**What the task requires**
List each line of the data that holds the word "false".

(Records from a data collection)
Content starts
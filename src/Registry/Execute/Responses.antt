-- ===== src/Registry/Execute/Responses.antt =====
-- The responses that the kernel writes itself pass the check that clients copy them by.
use universal_launcher.Prelude.{
  ℕ, ◌≡◌, refl, inl, inr, Bool, true, false, ◌||◌, Option, none, some, List, ltb, ◌==◌, Bool-cases,
  Option-cases, length, Bytes, c_string, ◌==ℤ◌,
}
use universal_launcher.View.{
  null, at, Status, ok, error, invalid_argument, status_code, unsupported_version, view_is_valid,
}
use universal_launcher.Memory.{Heap, alloc}
use universal_launcher.Registry.Model.{Context}
use universal_launcher.Registry.Store.{find_registered, invalidate_graph}
use universal_launcher.Command.{
  response_validate, status_is_valid, CommandRequest, sizeof_request_v1, CommandResponse,
  sizeof_response_v1,
}
use universal_launcher.Registry.Metadata.{Metadata, graph_rows}
use universal_launcher.Registry.Graph.{
  write_graph, capacity_add_rows, set_response, graph_error, graph_error_payload,
  graph_error_message, write_block, build_with_capacity, build_rows, build_command_graph,
}
use universal_launcher.Registry.Metadata.{find_builtin}
use universal_launcher.Registry.Payloads.{invalid_payload, invalid_message}
use universal_launcher.Registry.Execute.{
  is_graph, kind_of, dispatch_builtin, is_bare, Outcome, answer, execute_builtin, execute_valid,
  command_execute,
}

abbrev IsValid : CommandResponse → Type 0
IsValid response = response_validate (some response) ≡ ok

text_is_valid : (s : Bytes) → view_is_valid (at s) ≡ true
unfolding view_is_valid
text_is_valid s = elim (Bool-cases (length s == 0)) [
  | inl e ↦ rw (e, view_is_valid) refl
  | inr e ↦ rw (e, view_is_valid) refl
]

nothing_is_valid : view_is_valid (null 0) ≡ true
unfolding view_is_valid
nothing_is_valid = refl

code_is_valid : (s : Status) → status_is_valid (status_code s) ≡ true
unfolding status_is_valid status_code ◌==ℤ◌
code_is_valid ok = refl
code_is_valid error = refl
code_is_valid invalid_argument = refl
code_is_valid unsupported_version = refl

set_response-IsValid :
    (status : Status) (payload : Bytes) (message : Option Bytes)
    → IsValid (set_response status (some payload) message)
unfolding set_response response_validate
set_response-IsValid status payload none =
    rw (code_is_valid status, set_response, response_validate)
      (rw (text_is_valid payload) (rw (nothing_is_valid) refl))
set_response-IsValid status payload (some m) =
    rw (code_is_valid status, set_response, response_validate)
      (rw (text_is_valid payload) (rw (text_is_valid m) (rw (nothing_is_valid) refl)))

graph_error-IsValid :
    IsValid (set_response error (some graph_error_payload) (some graph_error_message))
graph_error-IsValid = set_response-IsValid error graph_error_payload (some graph_error_message)

write_block-IsValid :
    (context : Context) (rows : List Metadata) (block capacity : ℕ) (heap : Heap)
    → IsValid (write_block context rows block capacity heap).response
unfolding write_block graph_error
write_block-IsValid context rows block capacity heap =
    elim (Option-cases (write_graph capacity rows)) [
      | inl n ↦ rw (n, write_block) graph_error-IsValid
      | inr (text, n) ↦ rw (n, write_block) (set_response-IsValid ok (c_string text) none)
    ]

module _ (grants : ℕ → ℕ → Bool)
    (invoke : ℕ → ℕ → CommandRequest → CommandResponse → Context → Heap → Outcome) where
  build_rows-IsValid :
      (context : Context) (rows : List Metadata) (heap : Heap)
      → IsValid (build_rows grants context rows heap).response
  unfolding build_rows build_with_capacity graph_error
  build_rows-IsValid context rows heap = elim (Option-cases (capacity_add_rows rows 512)) [
    | inl n ↦ rw (n, build_rows) graph_error-IsValid
    | inr (capacity, n) ↦ elim (Option-cases (alloc grants capacity heap).0) [
      | inl e ↦ rw (n, build_rows) (rw (e, build_with_capacity) graph_error-IsValid)
      | inr (block, e) ↦
          rw (n, build_rows)
            (rw (e, build_with_capacity)
              (write_block-IsValid context rows block capacity (alloc grants capacity heap).1))
    ]
  ]

  execute_builtin-IsValid :
      (context : Context) (request : CommandRequest) (heap : Heap)
      → IsValid (execute_builtin grants invoke context request heap).response
  unfolding execute_builtin answer build_command_graph
  execute_builtin-IsValid context request heap =
      elim (Bool-cases (is_graph (kind_of (find_builtin request.command_name)))) [
        | inl e ↦
            rw (e, execute_builtin)
              (build_rows-IsValid (invalidate_graph context heap).0 (graph_rows context.entries)
                (invalidate_graph context heap).1)
        | inr e ↦
            rw (e, execute_builtin)
              (let d = dispatch_builtin (kind_of (find_builtin request.command_name)) request in
                set_response-IsValid d.status d.payload d.error_message)
      ]

  -- When no registered command has the name of the request and the response has the size of its
  -- structure, the response that the execution leaves passes the check that owned copies make on
  -- their source.
  pub response_validate-command_execute :
      (context : Context) (request : CommandRequest) (response : CommandResponse) (heap : Heap)
      → ltb response.struct_size sizeof_response_v1 ≡ false
      → find_registered context.entries request.command_name ≡ none
      → response_validate
          (some (command_execute grants invoke context (some request) response heap).response)
        ≡ ok
  unfolding command_execute answer execute_valid
  response_validate-command_execute context request response heap e n =
      elim (Bool-cases
        (ltb request.struct_size sizeof_request_v1 || is_bare request.command_name)) [
          | inl k ↦
              rw (e, command_execute)
                (rw (k)
                  (set_response-IsValid invalid_argument invalid_payload (some invalid_message)))
          | inr k ↦
              rw (e, command_execute)
                (rw (k) (rw (n, execute_valid) (execute_builtin-IsValid context request heap)))
        ]
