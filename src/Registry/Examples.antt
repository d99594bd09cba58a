-- ===== src/Registry/Examples.antt =====
-- The theorems on the registry, applied to a registry with a command of its own and one that takes the
-- place of a built-in.
use universal_launcher.Prelude.{
  ℕ, ◌+◌, ◌≤◌, List, Bytes, ◌≡◌, refl, true, none, some, [], ◌∷◌, arith, bytes_eq, c_string, pos,
}
use universal_launcher.View.{at, ok, invalid_argument, is_ok}
use universal_launcher.Memory.{Heap, alloc}
use universal_launcher.Registry.Names.{view_is_text, is_canonical_command_id, effects_json_is_valid}
use universal_launcher.Registry.Model.{size_max, text_of, Context}
use universal_launcher.Registry.Lifetime.{context_create, context_destroy}
use universal_launcher.Registry.Store.{find_registered, may_register, register_internal}
use universal_launcher.Command.{CommandRequest, response_validate, CommandResponse}
use universal_launcher.Registry.Metadata.{Metadata, find_row, builtin_commands, graph_rows}
use universal_launcher.Registry.Graph.{
  write_graph, capacity_add_rows, set_response, build_command_graph,
}
use universal_launcher.Memory.Ownership.{Owns}
use universal_launcher.Registry.Store.Blocks.{context_blocks}
use universal_launcher.Registry.Store.Balance.{context_create-Owns}
use universal_launcher.Registry.Names.{string_equals}
use universal_launcher.Registry.Samples.{
  always, empty_heap, full_context, empty_heap-Owns, new_context, play_fields, session_calls,
  inspect_request, blank_response,
}
use universal_launcher.Registry.Calls.{IsRegistry}
use universal_launcher.Registry.Success.{register_internal-ok}
use universal_launcher.Registry.Runs.{run, replay, handlers}
use universal_launcher.Registry.Runs.Refinement.{run-IsRegistry}
use universal_launcher.Registry.Runs.Lifecycle.{context_destroy-run, replay-context_create}
use universal_launcher.Registry.Graph.Exact.{graph_text}
use universal_launcher.Registry.Graph.Room.{
  rows_room, row_room, total, write_graph-capacity_add_rows,
}
use universal_launcher.Registry.Graph.Rows.{IsDistinctRows, advertised}
use universal_launcher.Registry.Graph.Advertised.{build_command_graph-advertised}
use universal_launcher.Registry.Execute.{Outcome, command_execute}
use universal_launcher.Registry.Execute.Effects.{Settles, command_execute-Settles}
use universal_launcher.Registry.Execute.Responses.{response_validate-command_execute}

new_context_lem : (context_create always none empty_heap).context ≡ some new_context
unfolding context_create alloc
new_context_lem = refl

new_context-IsRegistry : IsRegistry new_context
new_context-IsRegistry = record {
  distinct = tt;
  named = tt;
  has_room = omega arith;
  within_limit = omega arith;
}

new_context-Owns : Owns (context_blocks new_context) [] (context_create always none empty_heap).heap
new_context-Owns =
    context_create-Owns always none new_context [] empty_heap empty_heap-Owns new_context_lem

run-IsRegistry_example : IsRegistry (run always new_context empty_heap session_calls).context
run-IsRegistry_example =
    run-IsRegistry always new_context empty_heap session_calls new_context-IsRegistry

replay-context_create_example :
    replay session_calls
      (run always new_context (context_create always none empty_heap).heap session_calls).statuses
      (λ name. none)
    ≡ some (
        handlers
          (run always new_context
            (context_create always none empty_heap).heap
            session_calls).context.entries)
replay-context_create_example =
    replay-context_create always none new_context session_calls empty_heap new_context_lem

-- The second registration of the name and its second removal fail.
session_statuses :
    (run always new_context (context_create always none empty_heap).heap session_calls).statuses
    ≡ ok ∷ ok ∷ invalid_argument ∷ ok ∷ invalid_argument ∷ []
unfolding run context_create alloc is_canonical_command_id view_is_text string_equals
    effects_json_is_valid bytes_eq
session_statuses = refl

context_destroy-run_example : Owns [] [] (
    context_destroy
      (run always new_context (context_create always none empty_heap).heap session_calls).context
      (run always new_context (context_create always none empty_heap).heap session_calls).heap)
context_destroy-run_example =
    context_destroy-run always none new_context session_calls [] empty_heap empty_heap-Owns
      new_context_lem

register_internal-ok_example :
    is_ok (register_internal always new_context play_fields 7 (some 3) empty_heap).status ≡ true
unfolding may_register is_canonical_command_id view_is_text string_equals effects_json_is_valid
register_internal-ok_example =
    register_internal-ok always (λ n bytes. refl) new_context play_fields 7 3 empty_heap
      new_context-IsRegistry

write_graph-capacity_add_rows_example :
    write_graph 16428 builtin_commands ≡ some (graph_text builtin_commands)
unfolding capacity_add_rows builtin_commands
write_graph-capacity_add_rows_example = write_graph-capacity_add_rows builtin_commands 16428 refl

full_context-IsRegistry : IsRegistry full_context
unfolding find_registered bytes_eq
full_context-IsRegistry = record {
  distinct = (refl, (refl, tt));
  named = (refl, (refl, tt));
  has_room = omega arith;
  within_limit = omega arith;
}

full_context-room : 512 + rows_room (graph_rows full_context.entries) ≤ size_max
unfolding graph_rows builtin_commands find_registered string_equals bytes_eq rows_room row_room
    total c_string
full_context-room = omega arith

build_command_graph-advertised_example :
    (rows : List Metadata) × ((build_command_graph always full_context empty_heap).response
      ≡ set_response ok (some (c_string (graph_text rows))) none)
    × (text_of (build_command_graph always full_context empty_heap).context.graph ≡ graph_text rows)
    × IsDistinctRows rows
    × ((k : Bytes) → find_row rows (at k) ≡ advertised full_context.entries k)
unfolding c_string
build_command_graph-advertised_example =
    build_command_graph-advertised always full_context empty_heap full_context-IsRegistry
      (refl, (refl, tt)) full_context-room (λ n bytes. refl)

-- A handler that leaves the registry as it is.
abbrev echo : ℕ → ℕ → CommandRequest → CommandResponse → Context → Heap → Outcome
echo handler user request response context heap = record {
  code = pos 0;
  response = response;
  context = context;
  heap = heap;
}

command_execute-Settles_example :
    Settles new_context []
      (command_execute always echo new_context
        (some inspect_request)
        blank_response
        (context_create always none empty_heap).heap).context
      (command_execute always echo new_context
        (some inspect_request)
        blank_response
        (context_create always none empty_heap).heap).heap
command_execute-Settles_example =
    command_execute-Settles always echo new_context inspect_request blank_response []
      (context_create always none empty_heap).heap (λ handler user c h o. (refl, o))
      new_context-Owns

response_validate-command_execute_example :
    response_validate (
      some
        (command_execute always echo new_context
          (some inspect_request)
          blank_response
          empty_heap).response)
    ≡ ok
unfolding find_registered
response_validate-command_execute_example =
    response_validate-command_execute always echo new_context inspect_request blank_response
      empty_heap refl refl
Content ends
**Answer section**
  ℕ, ◌≡◌, refl, inl, inr, Bool, true, false, ◌||◌, Option, none, some, List, ltb, ◌==◌, Bool-cases,
      → ltb response.struct_size sizeof_response_v1 ≡ false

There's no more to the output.